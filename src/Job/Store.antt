-- ===== src/Job/Store.antt =====
-- internal/infra/memory/job_repo.go: the repository, one function for each method. `now` is the
-- value of `time.Now()` and `new_id` that of `uuid.NewString()`. The mutex makes each call atomic.
-- A call returns the store and its result.
use aurora_old.Base.{
  String, ◌==◌, Bool, true, false, not, ◌&&◌, ◌||◌, Option, none, some, List, [], ◌∷◌, ◌++◌, keep,
  map, is_some, if◌then◌else◌, Result, ok, err,
}
use aurora_old.Base.Int.{ℤ, pos, ◌+ℤ◌, ltb_ℤ, leb_ℤ, eqb_ℤ, int64}
use aurora_old.Base.Assoc.{Assoc, lookup, insert, erase}
use aurora_old.Job.Types.{
  JobError, not_found, already_claimed, cannot_cancel, Status, unset, pending, running, retrying,
  succeeded, failed, canceled, status_is, is_terminal, Job, JobAttempt, WorkerLease,
}

pub record JobStore : Type 0 where
  pub jobs : Assoc Job
  pub attempts : Assoc (List JobAttempt)
  pub leases : Assoc WorkerLease

unfoldable pub new_store : JobStore
new_store = record { jobs = []; attempts = []; leases = [] }

abbrev pub put : Job → JobStore → JobStore
put j s = record s { jobs = insert j.id j s.jobs }

-- `j, exists := jobs[id]; if !exists { return ErrJobNotFound }`, then a change of `*j` in place.
abbrev pub settle : String → JobStore → Result JobError Job → JobStore × Result JobError (Unit {0})
settle id s (err e) = (s, err e)
settle id s (ok j) = (record s { jobs = insert id j s.jobs }, ok tt)

abbrev pub amend_found :
    String
    → JobStore
    → (Job → Result JobError Job)
    → Option Job
    → JobStore × Result JobError (Unit {0})
amend_found id s f none = (s, err not_found)
amend_found id s f (some j) = settle id s (f j)

unfoldable pub amend :
    String → JobStore → (Job → Result JobError Job) → JobStore × Result JobError (Unit {0})
amend id s f = amend_found id s f (lookup id s.jobs)

-- `Create` fills the defaults in the caller's job too, which is returned.
unfoldable pub with_defaults : String → ℤ → Job → Job
with_defaults new_id now j = record j {
  id = if j.id == "" then new_id else j.id;
  created_at = if eqb_ℤ j.created_at (pos 0) then now else j.created_at;
  status = if status_is j.status unset then pending else j.status;
  max_retries = if eqb_ℤ j.max_retries (pos 0) then pos 3 else j.max_retries;
}

unfoldable pub create : String → ℤ → Job → JobStore → JobStore × Job
create new_id now j s = let j' = with_defaults new_id now j in (put j' s, j')

unfoldable pub get_by_id : String → JobStore → Result JobError Job
get_by_id id s = elim (lookup id s.jobs) [ none ↦ err not_found | some j ↦ ok j ]

-- `typeMap[t]`
unfoldable pub type_listed : String → List String → Bool
type_listed t [] = false
type_listed t (u ∷ us) = if u == t then true else type_listed t us

abbrev type_fits : List String → Job → Bool
type_fits [] j = true
type_fits (t ∷ ts) j = type_listed j.job_type (t ∷ ts)

abbrev due : ℤ → Option ℤ → Bool
due now none = true
due now (some t) = ltb_ℤ t now || eqb_ℤ now t

abbrev lease_expired : ℤ → Option ℤ → Bool
lease_expired now none = false
lease_expired now (some t) = ltb_ℤ t now

eligible_in : Status → ℤ → Job → Bool
eligible_in pending now j = true
eligible_in retrying now j = due now j.next_retry_at
eligible_in running now j = lease_expired now j.locked_until
eligible_in _ now j = false

unfoldable pub eligible : ℤ → Job → Bool
unfolding eligible_in
eligible now j = eligible_in j.status now j

unfoldable pub claimable : ℤ → List String → Job → Bool
claimable now types j = type_fits types j && eligible now j

unfoldable pub take_lease : ℤ → String → ℤ → Job → Job
take_lease now worker lease j = record j {
  status = running;
  locked_by_worker = worker;
  locked_until = some (now +ℤ lease);
  started_at = if is_some j.started_at then j.started_at else some now;
}

-- The loop of `ClaimNextPending`: the first entry that passes is leased and returned.
unfoldable pub claim_from : ℤ → String → ℤ → List String → Assoc Job → Assoc Job × Option Job
claim_from now worker lease types [] = ([], none)
claim_from now worker lease types ((k, j) ∷ m) =
    if claimable now types j
    then ((k, take_lease now worker lease j) ∷ m, some (take_lease now worker lease j))
    else (let (m', r) = claim_from now worker lease types m in ((k, j) ∷ m', r))

unfoldable pub claim_next_pending : ℤ → String → ℤ → List String → JobStore → JobStore × Option Job
claim_next_pending now worker lease types s =
    let (m, r) = claim_from now worker lease types s.jobs in (record s { jobs = m }, r)

unfoldable pub renew : ℤ → String → ℤ → Job → Result JobError Job
renew now worker lease j =
    if not (j.locked_by_worker == worker)
    then err already_claimed
    else ok (record j { locked_until = some (now +ℤ lease) })

unfoldable pub renew_lease :
    ℤ → String → String → ℤ → JobStore → JobStore × Result JobError (Unit {0})
unfolding amend renew
renew_lease now id worker lease s = amend id s (renew now worker lease)

unfoldable pub set_progress : ℤ → Job → Result JobError Job
set_progress percent j = ok (record j { progress_percent = percent })

unfoldable pub update_progress : String → ℤ → JobStore → JobStore × Result JobError (Unit {0})
unfolding amend set_progress
update_progress id percent s = amend id s (set_progress percent)

unfoldable pub start : ℤ → String → Job → Result JobError Job
start now worker j =
    ok (record j { status = running; locked_by_worker = worker; started_at = some now })

unfoldable pub mark_running : ℤ → String → String → JobStore → JobStore × Result JobError (Unit {0})
unfolding amend start
mark_running now id worker s = amend id s (start now worker)

unfoldable pub succeed : ℤ → String → Job → Result JobError Job
succeed now result j = ok (record j {
  status = succeeded;
  result = result;
  error = "";
  progress_percent = pos 100;
  completed_at = some now;
  locked_by_worker = "";
  locked_until = none;
})

unfoldable pub mark_succeeded :
    ℤ → String → String → JobStore → JobStore × Result JobError (Unit {0})
unfolding amend succeed
mark_succeeded now id result s = amend id s (succeed now result)

-- `j.RetryCount++` on an `int`.
unfoldable pub count_failure : String → Job → Job
count_failure reason j = record j { error = reason; retry_count = int64 (j.retry_count +ℤ pos 1) }

give_up : ℤ → Job → Job
give_up now j = record j {
  status = failed;
  completed_at = some now;
  locked_by_worker = "";
  locked_until = none;
}

try_again : ℤ → ℤ → Job → Job
try_again now retry_in j = record j {
  status = retrying;
  next_retry_at = some (now +ℤ retry_in);
  locked_by_worker = "";
  locked_until = none;
}

-- The test of the retry budget, on a job whose failure is counted.
unfoldable pub retry_or_give_up : ℤ → ℤ → Job → Job
unfolding give_up try_again
retry_or_give_up now retry_in c =
    if leb_ℤ c.retry_count c.max_retries then try_again now retry_in c else give_up now c

unfoldable pub fail : ℤ → String → Option ℤ → Job → Result JobError Job
unfolding count_failure give_up retry_or_give_up
fail now reason none j = ok (give_up now (count_failure reason j))
fail now reason (some retry_in) j = ok (retry_or_give_up now retry_in (count_failure reason j))

unfoldable pub mark_failed :
    ℤ → String → String → Option ℤ → JobStore → JobStore × Result JobError (Unit {0})
unfolding amend fail
mark_failed now id reason retry_in s = amend id s (fail now reason retry_in)

unfoldable pub cancel : ℤ → String → Job → Result JobError Job
cancel now reason j =
    if is_terminal j.status
    then err cannot_cancel
    else ok (record j {
      status = canceled;
      error = reason;
      completed_at = some now;
      locked_by_worker = "";
      locked_until = none;
    })

unfoldable pub mark_canceled :
    ℤ → String → String → JobStore → JobStore × Result JobError (Unit {0})
unfolding amend cancel
mark_canceled now id reason s = amend id s (cancel now reason)

abbrev attempts_of : String → Assoc (List JobAttempt) → List JobAttempt
attempts_of id m = elim (lookup id m) [ none ↦ [] | some l ↦ l ]

unfoldable pub record_attempt : String → JobAttempt → JobStore → JobStore
record_attempt new_id a s =
    let a' = record a { id = if a.id == "" then new_id else a.id } in
    record s { attempts = insert a.job_id (attempts_of a.job_id s.attempts ++ a' ∷ []) s.attempts }

abbrev locked_before : ℤ → Option ℤ → Bool
locked_before cutoff none = false
locked_before cutoff (some t) = ltb_ℤ t cutoff

unfoldable pub abandoned : ℤ → Job → Bool
abandoned cutoff j = status_is j.status running && locked_before cutoff j.locked_until

unfoldable pub release : Job → Job
release j = record j { status = pending; locked_by_worker = ""; locked_until = none }

-- The loop of `ReclaimAbandonedJobs` and its counter, an `int64`.
unfoldable pub reclaim_from : ℤ → Assoc Job → ℤ → Assoc Job × ℤ
reclaim_from cutoff [] n = ([], n)
reclaim_from cutoff ((k, j) ∷ m) n =
    let (m', n') = reclaim_from cutoff m (if abandoned cutoff j then int64 (n +ℤ pos 1) else n) in
    ((k, if abandoned cutoff j then release j else j) ∷ m', n')

unfoldable pub reclaim_abandoned : ℤ → JobStore → JobStore × ℤ
reclaim_abandoned cutoff s =
    let (m, n) = reclaim_from cutoff s.jobs (pos 0) in (record s { jobs = m }, n)

unfoldable pub register_or_heartbeat : WorkerLease → JobStore → JobStore
register_or_heartbeat l s = record s { leases = insert l.worker_id l s.leases }

unfoldable pub stale_workers : ℤ → JobStore → List WorkerLease
stale_workers cutoff s = keep (λ l. ltb_ℤ l.heartbeat_at cutoff) (map (λ e. e.1) s.leases)

unfoldable pub deregister : String → JobStore → JobStore
deregister worker s = record s { leases = erase worker s.leases }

.....

→ Task objective
From the entries above, copy every line containing the word "false".

→ Result for this exercise
  String, ◌==◌, Bool, true, false, not, ◌&&◌, ◌||◌, Option, none, some, List, [], ◌∷◌, ◌++◌, keep,
type_listed t [] = false
lease_expired now none = false
eligible_in _ now j = false
locked_before cutoff none = false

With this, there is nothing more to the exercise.